I'll be watching this with keen interest as I too have decided to put one on my slightly larger 17" lathe.
Aaron


----------



## matthewsx (Jan 23, 2021)

sasanifab said:


> So it’s time for me to get a Dro, there are so so many options available. My lathe is a supermax 1338, I measure the travel and it looks like 7.5x 40 give or take. Are there any vendors here who sell dros?


I haven't done business with them but these guys seem to have a good reputation among other forum members 



			DRO PROS Digital Readout beats Heidenhain Newall Acurite Sargon Fagor
		


John


----------



## macardoso (Jan 23, 2021)

I bought mine from AliExpress because the cost was so much better. I have been completely satisfied with the purchase.









						111.42US $ |New Big Lcd Display Dro Set Digital Readout 3 Axis Kit With 3 Pcs 5u Linear Scales 50 To 1000mm For Mill Lathe Machines Yh800-3 - Level Measuring Instruments - AliExpress
					

Smarter Shopping, Better Living!  Aliexpress.com




					www.aliexpress.com
				




There was a thread this week which discussed it in more detail.









						DRO for my mill
					

I have a 8530 Clausing mill and id like to put a digital readout on it. What is the best bang for my buck readout i can get that wont hurt the bank but has decent functions. Worse case i just want a x and y location.

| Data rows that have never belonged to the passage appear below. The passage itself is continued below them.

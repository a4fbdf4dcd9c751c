-- ===== src/Config/Agree.antt =====
-- The check that all servers agree on the term.
use unique_freshman.Prelude.{
  ℤ, minus_one, ◌≡◌, ◌≢◌, refl, sym, subst, ◌↔◌, Bool, true, false, List, [], ◌∷◌, Option, none,
  some, arith, if◌then◌else◌,
}
use unique_freshman.Raft.Types.{Raft}
use unique_freshman.Raft.State.{get_state}
use unique_freshman.Config.{passed, check_terms}

module _ {Bytes Command : Type 0} where
  -- Every connected server runs and is in this term.
  abbrev pub AgreeOn : ℤ → List (Bool × Option (Raft Bytes Command)) → Type 0
  AgreeOn t [] = Unit
  AgreeOn t ((false, rf) ∷ servers) = AgreeOn t servers
  AgreeOn t ((true, none) ∷ servers) = Unit × (true ≡ false)
  AgreeOn t ((true, some rf) ∷ servers) = (rf.current_term ≡ t) × AgreeOn t servers

  check_terms_from :
      (t : ℤ) (servers : List (Bool × Option (Raft Bytes Command)))
      → t ≢ minus_one
      → (out : ℤ) → (check_terms t servers ≡ passed out) ↔ ((out ≡ t) × AgreeOn t servers)
  unfolding check_terms get_state
  check_terms_from t [] valid out = ground arith
  check_terms_from t ((false, rf) ∷ servers) valid out = check_terms_from t servers valid out
  check_terms_from t ((true, none) ∷ servers) valid out = ground arith
  check_terms_from t ((true, some rf) ∷ servers) valid out =
      ground (arith, check_terms_from t servers valid out)

  -- No running server is in term -1.
  abbrev pub ValidTerms : List (Bool × Option (Raft Bytes Command)) → Type 0
  ValidTerms [] = Unit
  ValidTerms ((connected, none) ∷ servers) = ValidTerms servers
  ValidTerms ((connected, some rf) ∷ servers) = (rf.current_term ≢ minus_one) × ValidTerms servers

  abbrev pub some_connected : List (Bool × Option (Raft Bytes Command)) → Bool
  some_connected [] = false
  some_connected ((connected, rf) ∷ servers) = if connected then true else some_connected servers

  -- No running server is in term -1. Then `checkTerms` passes with a term other than -1 exactly when
  -- a server is connected, and every connected server runs and is in that term.
  pub check_terms-AgreeOn :
      (out : ℤ) (servers : List (Bool × Option (Raft Bytes Command)))
      → out ≢ minus_one
      → ValidTerms servers
      → (check_terms minus_one servers ≡ passed out)
        ↔ ((some_connected servers ≡ true) × AgreeOn out servers)
  unfolding check_terms get_state
  check_terms-AgreeOn out [] other valid = ground arith
  check_terms-AgreeOn out ((false, none) ∷ servers) other valid =
      check_terms-AgreeOn out servers other valid
  check_terms-AgreeOn out ((false, some rf) ∷ servers) other valid =
      check_terms-AgreeOn out servers other valid.1
  check_terms-AgreeOn out ((true, none) ∷ servers) other valid = ground arith
  check_terms-AgreeOn out ((true, some rf) ∷ servers) other valid =
      let (to, from) = check_terms_from rf.current_term servers valid.0 out in
      (
        λ h.
            let (same, agree) = to h in
            (refl, (sym same, subst (λ t. AgreeOn t servers) (sym same) agree)),
        λ h. from (sym h.1.0, subst (λ t. AgreeOn t servers) (sym h.1.0) h.1.1),
      )
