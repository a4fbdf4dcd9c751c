-- ===== src/Config/Agreement.antt =====
-- `wait` and `one` of Task5/raft/config.go: agreement on a command. Each round of a loop comes with
-- what it sees of the servers and of `logs`; how many rounds there are is up to the clock.
pub mod Holders
pub mod Waiting
pub mod Agreed
pub mod Passing
use unique_freshman.Prelude.{
  ℕ, zero, suc, ◌+◌, ◌%◌, ℤ, minus_one, ltb, leb, ltb_ℤ, eqb_ℤ, Bool, true, false, ◌&&◌, List, [],
  ◌∷◌, Option, none, some, if◌then◌else◌, length, get_elem?,
}
use unique_freshman.Raft.Types.{Raft}
use unique_freshman.Raft.Gob.{Gob}
use unique_freshman.Raft.State.{get_state}
use unique_freshman.Raft.Client.{start}
use unique_freshman.Config.{Check, passed, failed, panicked, n_committed}

-- `cfg.logs`
abbrev pub Logs : Type 0 → Type 0
Logs Command = List (List (ℤ × Command))

-- What a round of `wait` sees: the logs before its pause, and the servers after it.
pub record Glance (Bytes Command : Type 0) : Type 0 where
  pub logs : Logs Command
  pub rafts : List (Option (Raft Bytes Command))

-- The command that was decided, or -1 as a server has moved on to a later term.
pub data Waited (Command : Type 0) : Type 0 where
  decided : Option Command → Waited Command
  moved_on : Waited Command

module _ {Bytes Command : Type 0} where
  -- Whether a server is in a later term.
  unfoldable pub in_later_term : ℤ → List (Option (Raft Bytes Command)) → Check Bool
  in_later_term start_term [] = passed false
  in_later_term start_term (none ∷ rafts) = panicked
  in_later_term start_term (some rf ∷ rafts) =
      let rest = in_later_term start_term rafts in
      let (t, _) = get_state rf in if ltb_ℤ start_term t then passed true else rest

module _ {Command : Type 0} (same : Command → Command → Bool) (index : ℤ) where
  -- After the loop.
  unfoldable pub last_look : ℕ → Logs Command → Check (Waited Command)
  last_look n logs = elim (n_committed same index 0 none logs) [
    | failed ↦ failed
    | panicked ↦ panicked
    | passed (nd, cmd) ↦ if ltb nd n then failed else passed (decided cmd)
  ]

module _ {Bytes Command : Type 0} (same : Command → Command → Bool) (index : ℤ) where
  -- The rounds of the loop, at most 30, and what the logs are after it.
  unfoldable pub wait : ℕ → ℤ → List (Glance Bytes Command) → Logs Command → Check (Waited Command)
  unfolding last_look
  wait n start_term [] logs = last_look same index n logs
  wait n start_term (glance ∷ glances) logs =
      let rest = wait n start_term glances logs in
      elim (n_committed same index 0 none glance.logs) [
        | failed ↦ failed
        | panicked ↦ panicked
        | passed (nd, _) ↦
            if leb n nd
            then last_look same index n logs
            else (if ltb_ℤ minus_one start_term
                then elim (in_later_term start_term glance.rafts) [
                  | failed ↦ failed
                  | panicked ↦ panicked
                  | passed true ↦ passed moved_on
                  | passed false ↦ rest
                ]
                else rest)
      ]

-- A server that has taken the command, and the index that it gave it.
pub record Submission (Bytes Command : Type 0) : Type 0 where
  pub raft : Raft Bytes Command
  pub index : ℤ

-- What a round of `one` sees: the servers, each with `connected[i]` and `rafts[i]`, and the logs at
-- each look within two seconds.
pub record Attempt (Bytes Command : Type 0) : Type 0 where
  pub servers : List (Bool × Option (Raft Bytes Command))
  pub looks : List (Logs Command)

module _ {Bytes Command : Type 0} ⦃gob : Gob Bytes Command⦄ where
  -- The loop over the servers for `k` rounds, with the local `starts`.
  unfoldable pub try_start :
      Command
      → List (Bool × Option (Raft Bytes Command))
      → ℕ
      → ℕ
      → ℕ × Option (Submission Bytes Command)
  unfolding start
  try_start cmd servers zero starts = (starts, none)
  try_start cmd servers (suc k) starts =
      let starts' = (starts + 1) % length servers in
      let rest = try_start cmd servers k starts' in
      elim (get_elem? servers starts') [
        | some (true, some rf) ↦
            let (rf', index1, _, ok) = start cmd rf in
            if ok then (starts', some (record { raft = rf'; index = index1 })) else rest
        | some (true, none) ↦ rest
        | some (false, _) ↦ rest
        | none ↦ rest
      ]

module _ {Command : Type 0} (same : Command → Command → Bool) (cmd : Command)
    (expected_servers : ℕ) where
  -- `cmd1 == cmd`
  abbrev pub is_cmd : Option Command → Bool
  is_cmd none = false
  is_cmd (some cmd1) = same cmd1 cmd

  -- Whether the command is committed within the two seconds.
  unfoldable pub poll : ℤ → List (Logs Command) → Check Bool
  poll index [] = passed false
  poll index (logs ∷ looks) =
      let rest = poll index looks in
      elim (n_committed same index 0 none logs) [
        | failed ↦ failed
        | panicked ↦ panicked
        | passed (nd, cmd1) ↦
            if ltb 0 nd && leb expected_servers nd && is_cmd cmd1 then passed true else rest
      ]

module _ {Bytes Command : Type 0} ⦃gob : Gob Bytes Command⦄ (same : Command → Command → Bool)
    (cmd : Command) (expected_servers : ℕ) where
  -- The rounds of the outer loop within ten seconds, with the local `starts`.
  unfoldable pub one : Bool → ℕ → List (Attempt Bytes Command) → Check ℤ
  unfolding try_start poll
  one retry starts [] = failed
  one retry starts (attempt ∷ attempts) =
      let (starts', tried) = try_start cmd attempt.servers (length attempt.servers) starts in
      let rest = one retry starts' attempts in
      elim tried [
        | none ↦ rest
        | some t ↦
            if eqb_ℤ t.index minus_one
            then rest
            else elim (poll same cmd expected_servers t.index attempt.looks) [
              | failed ↦ failed
              | panicked ↦ panicked
              | passed true ↦ passed t.index
              | passed false ↦ if retry then rest else failed
            ]
      ]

					www.hobby-machinist.com


----------



## homebrewed (Jan 23, 2021)

I can't recommend the less-expensive igaging DROs.  Depending on your machine, you could find yourself chasing down electrical noise until the cows come home.  I managed to get my noise problem under control but it took a lot of screwing around to do it.  

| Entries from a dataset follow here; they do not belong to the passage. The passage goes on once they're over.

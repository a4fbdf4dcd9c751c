-- ===== src/Config/Agreement/Holders.antt =====
-- What `nCommitted` of Task5/raft/config.go counts, and what the looks of `one` see with it.
use unique_freshman.Prelude.{
  ℕ, zero, suc, ◌+◌, ◌≤◌, ◌<◌, ◌≡◌, ◌↔◌, refl, sym, ◌∙◌, subst, ℤ, ltb, leb, Bool, true, ◌&&◌, List,
  [], ◌∷◌, Option, none, some, if◌then◌else◌, get_elem?, arith, Bool-cases, Option-cases, inl, inr,
}
use unique_freshman.Config.{
  passed, failed, Check-cases, failed-ne-passed, panicked-ne-passed, lookup, n_committed, is_other,
}
use unique_freshman.Config.Agreement.{Logs, poll}

module _ {Command : Type 0} where
  -- How many logs have a value at the index.
  unfoldable pub holders : ℤ → Logs Command → ℕ
  unfolding lookup
  holders index [] = 0
  holders index (log ∷ logs) =
      let rest = holders index logs in elim (lookup index log) [ none ↦ rest | some v ↦ suc rest ]

  -- No log has another value there.
  abbrev pub AllHold : ℤ → Command → Logs Command → Type 0
  AllHold index cmd logs =
      (j : ℕ) (log : List (ℤ × Command)) (v : Command)
      → get_elem? logs j ≡ some log
      → lookup index log ≡ some v
      → v ≡ cmd

module _ {Command : Type 0} (same : Command → Command → Bool)
    (same_iff : (a b : Command) → (same a b ≡ true) ↔ (a ≡ b)) where
  AllHold-cons :
      (index : ℤ) (cmd : Command) (log : List (ℤ × Command)) (logs : Logs Command)
      → ((v : Command) → lookup index log ≡ some v → v ≡ cmd)
      → AllHold index cmd logs
      → AllHold index cmd (log ∷ logs)
  AllHold-cons index cmd log logs first all zero l v here found =
      first v (let e : log ≡ l = ground arith in subst (λ x. lookup index x ≡ some v) (sym e) found)
  AllHold-cons index cmd log logs first all (suc j) l v here found = all j l v here found

  -- A value that `nCommitted` takes as the same as the one before.
  no_other :
      (count nd : ℕ) (cmd out : Option Command) (w : Command) (logs : Logs Command) (index : ℤ)
      → (if is_other same cmd w then failed else n_committed same index (suc count) (some w) logs)
        ≡ passed (nd, out)
      → ((c : Command) → cmd ≡ some c → c ≡ w)
        × (n_committed same index (suc count) (some w) logs ≡ passed (nd, out))
  no_other count nd none out w logs index h = (λ c e. absurd (ground arith), h)
  no_other count nd (some c) out w logs index h = elim (Bool-cases (same c w)) [
    | inl eq ↦
        (λ c' e. let e' : c ≡ c' = ground arith in sym e' ∙ (same_iff c w).0 eq, rw (eq) at h)
    | inr ne ↦ absurd (failed-ne-passed (rw (ne) at h))
  ]

  pub n_committed-holders :
      (index : ℤ) (count nd : ℕ) (cmd out : Option Command) (logs : Logs Command)
      → n_committed same index count cmd logs ≡ passed (nd, out)
      → (nd ≡ count + holders index logs)
        × ((v : Command)
            → out ≡ some v
            → AllHold index v logs × ((c : Command) → cmd ≡ some c → c ≡ v))
  unfolding n_committed holders
  n_committed-holders index count nd cmd out [] h =
      (ground arith, λ v e. (λ j l w here found. absurd (ground arith), λ c e'. ground arith))
  n_committed-holders index count nd cmd out (log ∷ logs) h =
      elim (Option-cases (lookup index log)) [
        | inl nothing ↦
            let (total, all) =
              n_committed-holders index count nd cmd out logs (rw (nothing, n_committed) at h) in
            (
              rw (holders, nothing) total,
              λ v e.
                  let (rest, c) = all v e in
                  (AllHold-cons index v log logs (λ w found. absurd (ground arith)) rest, c),
            )
        | inr (w, found) ↦
            let (agrees, h') =
              no_other count nd cmd out w logs index (rw (found, n_committed) at h) in
            let (total, all) = n_committed-holders index (suc count) nd (some w) out logs h' in
            (
              rw (holders, found) (ground (arith, total)),
              λ v e.
                  let (rest, c) = all v e in
                  let same_v = c w refl in
                  (
                    AllHold-cons index v log logs (λ u found'. ground arith) rest,
                    λ c e'. agrees c e' ∙ same_v,
                  ),
            )
      ]

module _ {Command : Type 0} (same : Command → Command → Bool)
    (same_iff : (a b : Command) → (same a b ≡ true) ↔ (a ≡ b)) where
  pub poll-holders :
      (cmd : Command) (expected : ℕ) (index : ℤ) (looks : List (Logs Command))
      → poll same cmd expected index looks ≡ passed true
      → (m : ℕ) × (logs : Logs Command) × (get_elem? looks m ≡ some logs)
        × (0 < holders index logs)
        × (expected ≤ holders index logs)
        × AllHold index cmd logs
  unfolding poll
  poll-holders cmd expected index [] h = absurd (ground arith)
  poll-holders cmd expected index (logs ∷ looks) h =
      elim (Check-cases (n_committed same index 0 none logs)) [
        | inl ((nd, none), looked) ↦
            let (m, seen, there, more, enough, all) =
              poll-holders cmd expected index looks (ground (arith, looked)) in
            (suc m, seen, there, more, enough, all)
        | inl ((nd, some v), looked) ↦
            elim (Bool-cases (ltb 0 nd && leb expected nd && same v cmd)) [
              | inl good ↦
                  let (total, all) =
                    n_committed-holders same same_iff index 0 nd none (some v) logs looked in
                  let is_v : v ≡ cmd = (same_iff v cmd).0 (ground arith) in
                  (
                    0,
                    logs,
                    refl,
                    ground (arith, total),
                    ground (arith, total),
                    subst (λ c. AllHold index c logs) is_v (all v refl).0,
                  )
              | inr bad ↦
                  let (m, seen, there, more, enough, all) =
                    poll-holders cmd expected index looks (rw (looked, poll, bad) at h) in
                  (suc m, seen, there, more, enough, all)
            ]
        | inr (inl bad) ↦ absurd (failed-ne-passed (rw (bad, poll) at h))
        | inr (inr bad) ↦ absurd (panicked-ne-passed (rw (bad, poll) at h))
      ]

If you just want to install DROs and get down to making stuff ASAP, get something that is designed for "real" machining..


----------



## DavidR8 (Jan 23, 2021)

You’ll see my plug for the AliExpress DRO in the other thread. 
Works great and the LCD display makes it dead easy to use the functions such a bolt circles etc.


----------



## NCjeeper (Jan 23, 2021)

Search E-Bay. A ton of sellers selling them. I bought inexpensive 2 axis ones for my 13x40 lathe and 9x42 mill. I have had them for several years now and no issues. You will have to fabricate your own mounting brackets but that is no big deal.


----------



## mksj (Jan 23, 2021)

What is your price range, do you want magnetic or glass scales, do you want a graphical display? There are numerous threads on DRO recommendations, usually it comes down to how much wants to spend and if you want a manual in English. With regard to the least expensive DRO's there is always AliExpress, but there are similar models through US distribution on eBay. AliExpress if you have a problem, it may take a long time to get an answer or resolved, so to me it is more like flipping a coin. 

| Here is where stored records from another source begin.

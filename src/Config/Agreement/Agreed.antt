-- ===== src/Config/Agreement/Agreed.antt =====
-- What it means that `one` of Task5/raft/config.go passes.
use unique_freshman.Prelude.{
  ℕ, zero, suc, ◌+◌, ◌≤◌, ◌<◌, ◌≡◌, ◌↔◌, refl, ap, subst, ℤ, minus_one, eqb_ℤ, Bool, true, false,
  List, [], ◌∷◌, Option, none, some, if◌then◌else◌, length, length_ℤ, get_elem?, ◌%◌, arith,
  Bool-cases, Option-cases, inl, inr,
}
use unique_freshman.Raft.Types.{Raft, leader}
use unique_freshman.Raft.Gob.{Gob}
use unique_freshman.Raft.Client.{start}
use unique_freshman.Config.{passed, Check-cases, failed-ne-passed, panicked-ne-passed}
use unique_freshman.Config.Agreement.{Logs, Submission, Attempt, try_start, poll, one}
use unique_freshman.Config.Agreement.Holders.{AllHold, holders, poll-holders}

-- What it takes that `one` passes with an index: a connected leader got the command and gave it that
-- index, the end of its log, and later enough logs have a value there, and each of these is the
-- command.
pub record IsAgreed {Bytes Command : Type 0} (cmd : Command) (expected : ℕ) (index : ℤ)
    (attempt : Attempt Bytes Command) : Type 0 where
  pub server : ℕ
  pub raft : Raft Bytes Command
  pub connected : get_elem? attempt.servers server ≡ some (true, some raft)
  pub leads : raft.state ≡ leader
  pub end : index ≡ length_ℤ raft.log
  pub look : ℕ
  pub logs : Logs Command
  pub seen : get_elem? attempt.looks look ≡ some logs
  pub any : 0 < holders index logs
  pub enough : expected ≤ holders index logs
  pub all : AllHold index cmd logs

module _ {Bytes Command : Type 0} ⦃gob : Gob Bytes Command⦄ where
  -- The server that `one` has found is connected and leads.
  abbrev pub IsTried :
      Command → List (Bool × Option (Raft Bytes Command)) → ℕ → Submission Bytes Command → Type 0
  IsTried cmd servers s t =
      (rf : Raft Bytes Command) × (get_elem? servers s ≡ some (true, some rf))
      × (rf.state ≡ leader)
      × (t.index ≡ length_ℤ rf.log)

  start-leads :
      (cmd : Command) (rf : Raft Bytes Command)
      → (start cmd rf).3 ≡ true
      → (rf.state ≡ leader) × ((start cmd rf).1 ≡ length_ℤ rf.log)
  unfolding start
  start-leads cmd rf h = ground arith

  -- A round of `try_start` at a connected server.
  start-IsTried :
      (cmd : Command) (rf : Raft Bytes Command) (s s' : ℕ) (t : Submission Bytes Command)
      (servers : List (Bool × Option (Raft Bytes Command)))
      (rest : ℕ × Option (Submission Bytes Command))
      → (if (start cmd rf).3
          then (s', some (record { raft = (start cmd rf).0; index = (start cmd rf).1 }))
          else rest)
        ≡ (s, some t)
      → get_elem? servers s' ≡ some (true, some rf)
      → (rest ≡ (s, some t) → IsTried cmd servers s t)
      → IsTried cmd servers s t
  start-IsTried cmd rf s s' t servers rest h here more = elim (Bool-cases (start cmd rf).3) [
    | inl ok ↦
        let (leads, end) = start-leads cmd rf ok in
        let place : s' ≡ s = ground arith in
        (
          rf,
          subst (λ k. get_elem? servers k ≡ some (true, some rf)) place here,
          leads,
          ground (arith, end),
        )
    | inr refused ↦ more (rw (refused) at h)
  ]

  pub try_start-IsTried :
      (cmd : Command) (servers : List (Bool × Option (Raft Bytes Command))) (k starts s : ℕ)
      (t : Submission Bytes Command)
      → try_start cmd servers k starts ≡ (s, some t)
      → IsTried cmd servers s t
  unfolding try_start
  try_start-IsTried cmd servers zero starts s t h = absurd (ground arith)
  try_start-IsTried cmd servers (suc k) starts s t h =
      let s' = (starts + 1) % length servers in
      elim (Option-cases (get_elem? servers s')) [
        | inl beyond ↦ try_start-IsTried cmd servers k s' s t (rw (beyond, try_start) at h)
        | inr ((false, x), here) ↦
            try_start-IsTried cmd servers k s' s t (rw (here, try_start) at h)
        | inr ((true, none), here) ↦
            try_start-IsTried cmd servers k s' s t (rw (here, try_start) at h)
        | inr ((true, some rf), here) ↦
            start-IsTried cmd rf s s' t servers (try_start cmd servers k s')
              (rw (here, try_start) at h) here (try_start-IsTried cmd servers k s' s t)
      ]

module _ {Bytes Command : Type 0} ⦃gob : Gob Bytes Command⦄ (same : Command → Command → Bool)
    (same_iff : (a b : Command) → (same a b ≡ true) ↔ (a ≡ b)) where
  -- A round of `one` that passes.
  agreed :
      (cmd : Command) (expected s : ℕ) (t : Submission Bytes Command)
      (attempt : Attempt Bytes Command)
      → IsTried cmd attempt.servers s t
      → poll same cmd expected t.index attempt.looks ≡ passed true
      → IsAgreed cmd expected t.index attempt
  agreed cmd expected s t attempt (rf, here, leads, end) h =
      let (m, logs, seen, any, enough, all) =
        poll-holders same same_iff cmd expected t.index attempt.looks h in
      record {
        server = s;
        raft = rf;
        connected = here;
        leads = leads;
        end = end;
        look = m;
        logs = logs;
        seen = seen;
        any = any;
        enough = enough;
        all = all;
      }

  -- `same` decides equality of commands. If `one` passes with an index, then in one of its rounds a
  -- connected server led, and that index is the end of its log, where `Start` puts the command; and
  -- at a look of that round some server, and no fewer than expected, had a value at that index, and
  -- every value there was the command.
  pub one-IsAgreed :
      (cmd : Command) (expected : ℕ) (retry : Bool) (starts : ℕ) (index : ℤ)
      (attempts : List (Attempt Bytes Command))
      → one same cmd expected retry starts attempts ≡ passed index
      → (k : ℕ) × (attempt : Attempt Bytes Command) × (get_elem? attempts k ≡ some attempt)
        × IsAgreed cmd expected index attempt
  unfolding one
  one-IsAgreed cmd expected retry starts index [] h = absurd (failed-ne-passed h)
  one-IsAgreed cmd expected retry starts index (attempt ∷ attempts) h =
      let tried = try_start cmd attempt.servers (length attempt.servers) starts in
      let later : one same cmd expected retry tried.0 attempts ≡ passed index
          → (k : ℕ) × (seen : Attempt Bytes Command) × (get_elem? (attempt ∷ attempts) k
              ≡ some seen)
            × IsAgreed cmd expected index seen =
        λ h'.
          let (k, seen, there, is) = one-IsAgreed cmd expected retry tried.0 index attempts h' in
          (suc k, seen, there, is) in
      elim (Option-cases tried.1) [
        | inl nobody ↦ later (rw (nobody, one) at h)
        | inr (t, found) ↦ elim (Bool-cases (eqb_ℤ t.index minus_one)) [
          | inl no_index ↦ later (rw (found, one, no_index) at h)
          | inr an_index ↦ elim (Check-cases (poll same cmd expected t.index attempt.looks)) [
            | inl (true, done) ↦
                let passes : passed t.index ≡ passed index = rw (found, one, an_index, done) at h in
                let same_index : t.index ≡ index = ground (arith, passes) in
                let where_tried : try_start cmd attempt.servers (length attempt.servers) starts
                    ≡ (tried.0, some t) =
                  ap (λ o. (tried.0, o)) found in
                (
                  0,
                  attempt,
                  refl,
                  subst (λ n. IsAgreed cmd expected n attempt) same_index
                      (agreed cmd expected tried.0 t attempt
                        (try_start-IsTried cmd attempt.servers (length attempt.servers) starts
                          tried.0 t where_tried)
                        done),
                )
            | inl (false, gave_up) ↦ elim (Bool-cases retry) [
              | inl again ↦ later (rw (found, one, an_index, gave_up, again) at h)
              | inr once ↦ absurd (failed-ne-passed (rw (found, one, an_index, gave_up, once) at h))
            ]
            | inr (inl bad) ↦ absurd (failed-ne-passed (rw (found, one, an_index, bad) at h))
            | inr (inr bad) ↦ absurd (panicked-ne-passed (rw (found, one, an_index, bad) at h))
          ]
        ]
      ]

If looking for magnetic scales then a number of forum member's have purchased from this UK vendor. In either case you need to specify the length, resolution and type of scale if glass. Long axis is 5um resolution, cross slide is 1uM resolution, if glass scales you want to specify a slim line type for the cross slide.





						Universal Lathe Digital Readouts DRO Kits - Easy Fitting - Machine DRO UK
					

Wide Range of lathe Digital Readouts DRO Packages with Magnetic Encoders




					www.machine-dro.co.uk


----------



## jbobb1 (Jan 23, 2021)

I installed the DRO Pro EL400 on my lathe last year, which is about the same size as yours. This is a "machine specific" system. The install was fairly easy and straight forward. The only slight hurdle was cable management. You just have to be a little creative. I haven't had a single issue with it so far, so I'm a happy camper.
Their website site has several video's on installation and cutting the scales (they're magnetic). Customer service seems to be above average.


----------



## aliva (Jan 23, 2021)

I purchased a Sino  2 axis from Accusize  in Toronto for my lathe ( 12x36 ).and a Fagor  which came with my mill, both are working fine


----------



## f350ca (Jan 23, 2021)

I've bought from DRO pros, great service but about 3 or 4 years latter was having trouble and was told the head was obsolete so they couldn't repair it. Bought my next one from Aliexpress, came courier quite quickly, works great, same quality as DRO's Wouldn't hesitate to buy another

Greg


----------



## MrWhoopee (Jan 23, 2021)

I bought the cheapest most economical 2-axis DRO I could find on Aliexpress 3 years ago. I couldn't be happier unless I had waited 6 months to get the full-color LED display.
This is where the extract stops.